Virtual Charter Schools Negatively Impact Students


A new paper co-authored by IAS faculty member Joseph Ferrare finds that for-profit virtual charter schools have a strong, negative impact on student learning in math and English/Language Arts. The study, which was recently published in the journal Educational Researcher, was a collaboration with colleagues from the University of Notre Dame and University of Kentucky.

In the study, Ferrare and colleagues examined the longitudinal impact of switching from a traditional public school into one of Indiana’s for-profit virtual charter schools among students in grades 3 - 8. They found that, on average, students who made this switch experienced substantial losses to their academic achievement on the magnitude of a half of a standard deviation in math and a third of a standard deviation in ELA. The magnitude of change in both subjects is considered extremely large by researchers who study education policy.

For-profit charter schools seek to make a profit by using public funds to operate schools at a lower cost than traditional public schools.
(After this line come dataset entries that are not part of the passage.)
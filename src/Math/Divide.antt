-- ===== src/Math/Divide.antt =====
-- `div64` is division where no product wraps, and does not end at the largest dividend.
use trash_os.Base.{
  ℕ, zero, suc, ◌+◌, ◌-◌, ◌*◌, ◌/◌, ◌%◌, ◌^◌, ◌≤◌, ◌<◌, ◌≡◌, refl, ap, ◌∙◌, true, false, arith, leb,
  u64, le→leb, lt→leb-false,
}
use trash_os.Base.Runs.{ok, out_of_fuel}
use trash_os.Math.{div64, div64_loop}

-- `res` counts up to the first product above `a = b * q + r`.
div64_loop-stop :
    (fuel k b q r res : ℕ)
    → r < b
    → b * q + b < 2 ^ 64
    → q < 2 ^ 63
    → res + k ≡ q + 1
    → k < fuel
    → div64_loop fuel res (b * q + r) b ≡ ok (q + 1)
unfolding div64_loop
div64_loop-stop zero k b q r res small fits qs e h = absurd (omega arith)
div64_loop-stop (suc fuel) zero b q r res small fits qs e h =
    let at : res ≡ q + 1 = omega arith in
    let prod : b * (q + 1) ≡ b * q + b = omega arith in
    let above : leb (u64 (b * (q + 1))) (b * q + r) ≡ false =
      lt→leb-false _ _ (omega (arith, prod)) in
    rw (at, above)
div64_loop-stop (suc fuel) (suc k) b q r res small fits qs e h =
    let res_le : res ≤ q = omega arith in
    let prod : b * res ≤ b * q = grind arith in
    let within : leb (u64 (b * res)) (b * q + r) ≡ true = le→leb _ _ (omega arith) in
    let next : u64 (res + 1) ≡ res + 1 = omega arith in
    rw (within, next)
      (div64_loop-stop fuel k b q r (res + 1) small fits qs (omega arith) (omega arith))

-- With room for one more multiple of `b` below `2 ^ 64`, `div64` is the quotient.
pub div64-div :
    (fuel a b : ℕ)
    → 0 < b
    → b * (a / b) + b < 2 ^ 64
    → a / b < 2 ^ 63
    → a / b + 1 < fuel
    → div64 fuel a b ≡ ok (a / b)
unfolding div64
div64-div fuel a b pos fits qs enough =
    let split : a ≡ b * (a / b) + a % b = grind arith in
    let stop : div64_loop fuel 0 a b ≡ ok (a / b + 1) =
      ap (λ (t : ℕ). div64_loop fuel 0 t b) split
      ∙ div64_loop-stop fuel (a / b + 1) b (a / b) (a % b) 0 (omega arith) fits qs (omega arith)
          enough in
    rw stop (ap (λ (t : ℕ). ok t) (omega arith))

div64_loop-top : (fuel res b : ℕ) → div64_loop fuel res (2 ^ 64 - 1) b ≡ out_of_fuel
unfolding div64_loop
div64_loop-top zero res b = refl
div64_loop-top (suc fuel) res b =
    let within : leb (u64 (b * res)) (2 ^ 64 - 1) ≡ true = le→leb _ _ (omega arith) in
    rw within (div64_loop-top fuel (u64 (res + 1)) b)

-- No amount of fuel ends the loop on the dividend `2 ^ 64 - 1`: every wrapped product is below it.
pub div64-top : (fuel b : ℕ) → div64 fuel (2 ^ 64 - 1) b ≡ out_of_fuel
unfolding div64
div64-top fuel b = rw (div64_loop-top fuel 0 b)
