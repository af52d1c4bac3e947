-- ===== src/Print/Decimal.antt =====
-- `_print_dec_unsigned` prints the decimal numeral, as long as the value is below 10 ^ 19.
use trash_os.Base.{
  ℕ, zero, suc, ◌+◌, ◌*◌, ◌/◌, ◌%◌, ◌^◌, ◌≤◌, ◌<◌, ◌≡◌, ◌⊎◌, refl, ap, ◌∙◌, inl, inr, arith, u32,
  u64, sub64, get_or, Bool-cases, leb, leb→le, leb-false→lt,
}
use trash_os.Base.Runs.{ok}
use trash_os.Math.{exp10_at, ilog10u, div64}
use trash_os.Math.Divide.{div64-div}
use trash_os.Math.Logs.{exp10-pow, ilog10u_bounds}
use trash_os.Print.Numbers.{Printed, printed, hex, dec_loop, print_dec_unsigned}
use trash_os.Print.Digits.{
  Row, Row-zero, Row-suc, Row-IsNumeral, IsNumeral, nibble-ok, hex-IsTable, load_num-bytes_of,
}
use trash_os.Print.Directive.{bytes_of}
use native.Mathlib.Nat.{
  one-le-pow, pow-suc, div-lt_iff_lt-mul, div-add-mod', pow-le-pow_right, mod-lt, mul_comm,
}

-- One decimal digit of a number with at most `j + 1 ≤ 19` of them.
module _ (fuel j num : ℕ) (enough : 11 ≤ fuel) (few : j < 19) (small : num < 10 ^ suc j) where
  pow_bound : 10 ^ j ≤ 10 ^ 18
  pow_bound = pow-le-pow_right {n = 10} (omega arith) {i = j} {j = 18} (omega arith)

  pow_pos : 1 ≤ 10 ^ j
  pow_pos = one-le-pow j 10 (omega arith)

  pub digit_small : num / 10 ^ j < 10
  digit_small = (div-lt_iff_lt-mul pow_pos).1 (omega (arith, pow-suc 10 j))

  pub num_bound : num < 10 ^ 19
  num_bound = omega (arith, pow-suc 10 j, pow_bound)

  pub div64-digit : div64 fuel num (exp10_at j) ≡ ok (num / 10 ^ j)
  div64-digit =
      ap (div64 fuel num) (exp10-pow j (omega arith))
      ∙ div64-div fuel num (10 ^ j) pow_pos
          (omega (
            arith,
            div-add-mod' num (10 ^ j),
            mul_comm (10 ^ j) (num / 10 ^ j),
            num_bound,
            pow_bound,
          ))
          (omega (arith, digit_small)) (omega (arith, digit_small))

  -- What is left are the digits below.
  pub sub64-digit : sub64 num (u64 (num / 10 ^ j * exp10_at j)) ≡ num % 10 ^ j
  sub64-digit =
      ap (λ (t : ℕ). sub64 num (u64 (num / 10 ^ j * t))) (exp10-pow j (omega arith))
      ∙ omega (arith, div-add-mod' num (10 ^ j), num_bound)

dec_loop-Row :
    (fuel j num : ℕ) → 11 ≤ fuel → j ≤ 19 → num < 10 ^ j → Row 10 j num (dec_loop fuel j num)
unfolding dec_loop
dec_loop-Row fuel zero num enough few small =
    let none : num ≡ 0 = omega arith in rw none (Row-zero 10)
dec_loop-Row fuel (suc j) num enough few small =
    let d : ℕ = num / 10 ^ j in
    let d_small : d < 10 = digit_small fuel j num enough few small in
    let cast : u32 d ≡ d = omega arith in
    let rest =
      dec_loop-Row fuel j (num % 10 ^ j) enough (omega arith)
        (mod-lt num (one-le-pow j 10 (omega arith))) in
    let row = Row-suc (get_or hex d 0) d (hex-IsTable d (omega arith)) d_small rest in
    rw
      (
        div64-digit fuel j num enough few small,
        cast,
        nibble-ok hex d (omega arith),
        sub64-digit fuel j num enough few small,
      )
      (rw (div-add-mod' num (10 ^ j)) at row)

-- A number below 10 ^ 19 has a logarithm below 19.
pub log_small :
    (num : ℕ) → (ilog10u num ≡ 0) ⊎ (10 ^ ilog10u num ≤ num) → num < 10 ^ 19 → ilog10u num < 19
log_small num (inl z) small = omega arith
log_small num (inr le) small = elim (Bool-cases (leb 19 (ilog10u num))) [
  | inl big ↦ absurd (
      omega (
        arith,
        pow-le-pow_right {n = 10} (omega arith) {i = 19} {j = ilog10u num} (leb→le _ _ big),
      ))
  | inr few ↦ leb-false→lt _ _ few
]

-- A value of at most 8 bytes that is below 10 ^ 19 is printed as its decimal numeral, and the
-- number of characters is returned. Eleven units of fuel are enough for each division.
pub print_dec_unsigned-IsNumeral :
    (fuel size v : ℕ)
    → 11 ≤ fuel
    → size ≤ 8
    → v % 2 ^ (8 * size) < 10 ^ 19
    → (out : Printed) × (print_dec_unsigned fuel (bytes_of size v) ≡ ok out)
      × IsNumeral 10 (v % 2 ^ (8 * size)) out
unfolding print_dec_unsigned
print_dec_unsigned-IsNumeral fuel size v enough fits small =
    let num : ℕ = v % 2 ^ (8 * size) in
    let (few, below, first) = ilog10u_bounds num (omega arith) in
    let j : ℕ = ilog10u num in
    let fewer : j < 19 = log_small num first small in
    let row = dec_loop-Row fuel (suc j) num enough fewer below in
    let more : j + 1 ≡ suc j = omega arith in
    rw (load_num-bytes_of size v fits, more, row.runs)
      (printed row.chars (suc j), refl, Row-IsNumeral j row first)
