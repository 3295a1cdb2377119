-- ===== src/Plugin/Chat.antt =====
-- models_plugin/{router,failover}.go: a request to a model. The n-th post to a backend answers what
-- `answer n` says, none for an error; the n-th choice draws from `draws n`. The URL of a backend is
-- taken from its address. `try_failover` calls itself again and again: it runs on fuel, and none
-- is a run that has not come to its end.
use nova_airouter.Prelude.{
  ℕ, zero, suc, ◌==◌, Time, ℤ, pos, negsuc, not, ◌&&◌, ◌||◌, if◌then◌else◌, Option, none, some,
  List, [], ◌∷◌, select, Text, text_eq, codes, lookup,
}
use nova_airouter.Balancer.{Float64, Draws}
use nova_airouter.Plugin.{
  Backend, ModelBackend, Plugin, Heap, add_conn, bind_session, unbind_session,
  update_session_activity, update_backend_latency,
}
use nova_airouter.Plugin.Select.{
  no_backend, chosen, crashed, Selected, model_not_found, none_healthy, selected, select_crashed,
  select_backend_by_score, select_backend,
}

pub record Response : Type 0 where
  pub latency : ℤ  -- what `Sscanf` reads of the header X-Latency, 0 without one
  pub body : Text

pub data Reply : Type 0 where
  refused : ℕ → Reply  -- an error status
  answered : Text → Reply
  panicked : Reply

-- A session that the master tells the others_of of.
pub record SessionSync : Type 0 where
  pub session_id : Text
  pub backend_addr : Text
  pub backend_port : ℤ

pub record ChatRequest : Type 0 where
  pub model : Text
  pub session_id : Text

pub record Handled : Type 0 where
  pub plugin : Plugin
  pub reply : Reply
  pub syncs : List SessionSync

pub record World (R : Type 0) : Type 0 where
  pub draws : ℕ → Draws R
  pub answer : ℕ → Backend → Option Response
  pub master_answer : Text → Option Text  -- of the master at an address

abbrev pub other_healthy : ℕ → Heap → List ℕ → List ℕ
other_healthy failed h ps = select (λ p. not (p == failed) && (h p).healthy) ps

abbrev pub with_heap : (Heap → Heap) → Plugin → Plugin
with_heap f s = record s { heap = f s.heap }

-- What the failover answers: none if it gives up.
pub data Failover : Type 0 where
  gave_up : Failover
  took_over : Text → Failover
  failover_crashed : Failover

abbrev pub rebind : Time → Text → ℕ → Plugin → Plugin
rebind now session_id p s =
    if text_eq session_id [] then s else bind_session now session_id p (unbind_session session_id s)

module _ {R : Type 0} (f : Float64 R) (w : World R) where
  -- `tryFailover` over the backends of a model.
  unfoldable pub fail_over : ℕ → ℕ → Time → Text → ℕ → List ℕ → Plugin → Option (Plugin × Failover)
  fail_over zero n now session_id failed ps s = none
  fail_over (suc fuel) n now session_id failed ps s =
      elim (select_backend_by_score f (w.draws n) s.heap (other_healthy failed s.heap ps)) [
        | no_backend ↦ some (s, gave_up)
        | crashed ↦ some (s, failover_crashed)
        | chosen p ↦
            let s' = rebind now session_id p s in
            elim (w.answer n (s.heap p)) [
              | none ↦ fail_over fuel (suc n) now session_id p ps s'
              | some r ↦ some (with_heap (update_backend_latency r.latency p) s', took_over r.body)
            ]
      ]

  unfoldable pub failover_in :
      ℕ → ℕ → Time → Text → ℕ → Option ModelBackend → Plugin → Option (Plugin × Failover)
  failover_in fuel n now session_id failed none s = some (s, gave_up)
  failover_in fuel n now session_id failed (some mb) s =
      fail_over fuel n now session_id failed mb.backends s

  unfoldable pub try_failover : ℕ → ℕ → Time → Text → Text → ℕ → Plugin → Option (Plugin × Failover)
  try_failover fuel n now model session_id failed s =
      failover_in fuel n now session_id failed (lookup model s.models) s

  reply_of : Failover → Reply
  reply_of gave_up = refused 502
  reply_of (took_over body) = answered body
  reply_of failover_crashed = panicked

  -- The deferred decrement runs last, on the backend that was chosen first.
  unfoldable pub finished : ℕ → Reply → List SessionSync → Plugin → Handled
  finished p reply syncs s = record {
    plugin = with_heap (add_conn (negsuc 0) p) s;
    reply = reply;
    syncs = syncs;
  }

  unfoldable pub after_failover : ℕ → Option (Plugin × Failover) → Option Handled
  unfolding reply_of
  after_failover p none = none
  after_failover p (some (s, o)) = some (finished p (reply_of o) [] s)

  sync_of : Text → Backend → List SessionSync
  sync_of session_id b =
      record { session_id = session_id; backend_addr = b.address; backend_port = b.port } ∷ []

  -- The rest of the request, when the backend `p` has answered.
  unfoldable pub after_answer :
      ℕ → Time → ChatRequest → ℕ → Option Response → Plugin → Option Handled
  unfolding sync_of
  after_answer fuel now req p none s =
      after_failover p (try_failover fuel 1 now req.model req.session_id p s)
  after_answer fuel now req p (some r) s =
      let s' =
        if text_eq req.session_id [] then s else update_session_activity now req.session_id s in
      some (
        finished p (answered r.body)
          (if text_eq req.session_id [] || not s.is_master
            then []
            else sync_of req.session_id (s.heap p))
          (with_heap (update_backend_latency r.latency p) s'))

  unfoldable pub done : Plugin → Reply → Option Handled
  done s reply = some (record { plugin = s; reply = reply; syncs = [] })

  unfoldable pub after_select : ℕ → Time → ChatRequest → Plugin × Selected → Option Handled
  after_select fuel now req (s, model_not_found) = done s (refused 503)
  after_select fuel now req (s, none_healthy) = done s (refused 503)
  after_select fuel now req (s, select_crashed) = done s panicked
  after_select fuel now req (s, selected p) =
      after_answer fuel now req p (w.answer 0 (s.heap p)) (with_heap (add_conn (pos 1) p) s)

  master_reply : Option Text → Reply
  master_reply none = refused 502
  master_reply (some body) = answered body

  unfoldable pub forward_to_master : Plugin → Reply
  unfolding master_reply
  forward_to_master s =
      if text_eq s.master_id [] || text_eq s.master_addr []
      then refused 503
      else master_reply (w.master_answer s.master_addr)

  unfoldable pub chat_in : ℕ → Time → Option ChatRequest → Plugin → Option Handled
  chat_in fuel now none s = done s (refused 400)
  chat_in fuel now (some req) s =
      after_select fuel now req (select_backend f (w.draws 0) now req.model req.session_id s)

  -- The body is none where it cannot be read or parsed.
  unfoldable pub handle_chat : ℕ → Time → Text → Option ChatRequest → Plugin → Option Handled
  handle_chat fuel now method body s =
      if not (text_eq method (codes "POST"))
      then done s (refused 405)
      else if not s.is_master
      then done s (forward_to_master s)
      else chat_in fuel now body s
Virtual charter schools often save costs by increasing student-to-teacher ratios. In fact, Ferrare and colleagues found that Indiana’s virtual charter schools averaged 100 students per teacher.

Given the recent shift to online learning across the country, many are wondering if the results from virtual charter schools are an indication of how our traditional public school students may be faring during the pandemic. In a recent blogpost featured at the Brookings Institution, however, Ferrare and colleagues urged caution in directly comparing for-profit virtual schools and the forms of online learning taking place in the context of a global pandemic. Nevertheless, their results do suggest that Education Secretary DeVos’ recent push to expand virtual charter schools’ operation of public schools during the pandemic is highly misguided.